Location
- (formerly located at) 5935 Feldwood Road 5AA-South College Park, Georgia 30349 United States 33°35′33″N 84°31′6″W﻿ / ﻿33.59250°N 84.51833°W

Information
- Type: Public high school
- Principal: Billy Jones
- Grades: 8 - 12
- Years offered: 1976 - 1988
- Campus: Suburban
- Colors: Red, white, and blue
- Mascot: Flames
- Yearbook: Embers
- Website: https://www.facebook.com/feldwoodflames

= Feldwood High School =

Feldwood High School was a public high school in unincorporated Fulton County, Georgia, United States. It was a part of the Fulton County School System. The school opened in the fall of 1976 as a result of growth and split class sessions at M.D. Collins High School. In recognition of the bicentennial year, the colors selected for the school were red, white, and blue.
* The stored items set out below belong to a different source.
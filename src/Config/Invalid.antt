-- ===== src/Config/Invalid.antt =====
-- The error for a configuration whose fields the validator of struct tags rejects: `ErrInvalidConf` of
-- pkg/errs/nucleus.go and `validateStruct` of pkg/utils/utils.go. A value has any type, and `show` is
-- how `fmt` prints it. An index out of range, on which Go panics, is `none`.
use test_at_scale.Prelude.{
  ℕ, suc, ◌+◌, arith, String, ◌⧺◌, ◌≡◌, ◌∙◌, ap, sym, Option, none, some, List, [], ◌∷◌, ◌++◌, map,
  get_elem?,
}
use mathlib.Core.List.{append-nil, append_assoc}
use text.Mathlib.TextLemmas.{append_assoc as text_assoc, append-nil as text-nil}

pub record ErrInvalidConf {ℓ} (A : Type ℓ) : Type ℓ where
  pub message : String
  pub fields : List String
  pub values : List A

-- `e.Field()` and `e.Value()` of an error of the validator.
pub record FieldError {ℓ} (A : Type ℓ) : Type ℓ where
  pub field : String
  pub value : A

module _ {ℓ} {A : Type ℓ} (show : A → String) where
  abbrev field_line : String → A → String
  field_line field value = field ⧺ (": " ⧺ (show value ⧺ "\n"))

  -- The loop of `Error` from the position `idx` on.
  abbrev error_from : List A → List String → ℕ → String → Option String
  error_from values [] idx err_msg = some err_msg
  error_from values (field ∷ fields) idx err_msg = elim (get_elem? values idx) [
    | none ↦ none
    | some value ↦ error_from values fields (idx + 1) (err_msg ⧺ field_line field value)
  ]

  -- `ErrInvalidConf.Error`
  unfoldable pub error_text : ErrInvalidConf A → Option String
  error_text e = error_from e.values e.fields 0 e.message

  abbrev field_lines : List (FieldError A) → String
  field_lines [] = ""
  field_lines (e ∷ es) = field_line e.field e.value ⧺ field_lines es

-- The loop of `validateStruct` over the validator's errors.
abbrev rejected_fields {ℓ} :
    {A : Type ℓ} → ErrInvalidConf A → List (FieldError A) → ErrInvalidConf A
rejected_fields err [] = err
rejected_fields err (e ∷ es) =
    rejected_fields
      (record err { fields = err.fields ++ e.field ∷ []; values = err.values ++ e.value ∷ [] }) es

abbrev title : String → String
title file =
    "Invalid values provided for the following fields in the `" ⧺ file ⧺ "` configuration file: \n"

-- `validateStruct`, given what the validator answers.
unfoldable pub invalid_conf {ℓ} :
    {A : Type ℓ} → String → Option (List (FieldError A)) → Option (ErrInvalidConf A)
invalid_conf file none = none
invalid_conf file (some es) =
    some (rejected_fields (record { message = title file; fields = []; values = [] }) es)

rejected_fields_lem {ℓ} :
    {A : Type ℓ} (e : ErrInvalidConf A) (es : List (FieldError A))
    → rejected_fields e es ≡ record {
      message = e.message;
      fields = e.fields ++ map (λ x. x.field) es;
      values = e.values ++ map (λ x. x.value) es;
    }
rejected_fields_lem e [] = rw (append-nil e.fields, append-nil e.values)
rejected_fields_lem e (x ∷ es) =
    rejected_fields_lem
      (record e { fields = e.fields ++ x.field ∷ []; values = e.values ++ x.value ∷ [] }) es
    ∙ rw (
      append_assoc e.fields (x.field ∷ []) (map (λ y. y.field) es),
      append_assoc e.values (x.value ∷ []) (map (λ y. y.value) es),
    )

module _ {ℓ} {A : Type ℓ} (show : A → String) where
  -- Where the values from `idx` on are those of `es`, the loop adds the lines of `es`.
  error_from-field_lines :
      (values : List A) (es : List (FieldError A)) (idx : ℕ) (err_msg : String)
      → ((k : ℕ) → get_elem? values (idx + k) ≡ get_elem? (map (λ x. x.value) es) k)
      → error_from show values (map (λ x. x.field) es) idx err_msg
        ≡ some (err_msg ⧺ field_lines show es)
  error_from-field_lines values [] idx msg same = ap some (sym (text-nil msg))
  error_from-field_lines values (e ∷ es) idx msg same =
      let here : get_elem? values idx ≡ some e.value =
        ap (get_elem? values) (omega arith) ∙ same 0 in
      let later : (k : ℕ) → get_elem? values (idx + 1 + k) ≡ get_elem? (map (λ x. x.value) es) k =
        λ k. ap (get_elem? values) (omega arith) ∙ same (suc k) in
      rw (here, error_from)
        (error_from-field_lines values es (idx + 1) (msg ⧺ field_line show e.field e.value) later
          ∙ ap some (text_assoc msg (field_line show e.field e.value) (field_lines show es)))

  -- However many fields the validator rejects, the text of the error is made without an index out of
  -- range: the title with the file's name, then one line for each of them, in the validator's order.
  pub error_text-invalid_conf :
      (file : String) (es : List (FieldError A))
      → (e : ErrInvalidConf A) × (invalid_conf file (some es) ≡ some e)
        × (error_text show e ≡ some (title file ⧺ field_lines show es))
  unfolding invalid_conf error_text
  error_text-invalid_conf file es = (
    _,
    ap some (rejected_fields_lem (record { message = title file; fields = []; values = [] }) es),
    error_from-field_lines (map (λ x. x.value) es) es 0 (title file)
        (λ k. ap (get_elem? (map (λ x. x.value) es)) (omega arith)),
  )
In 1988 the school closed and combined again with M.D. Collins High School to form Banneker High School (Georgia) on the Feldwood campus. The merger happened as a result of a consolidation plan to reduce the costs of the school system, comply with new state laws mandating minimum attendance numbers for government funded schools, and upgrade course offerings within all schools in the county.

In addition to serving some unincorporated areas, it also served sections of the city of College Park.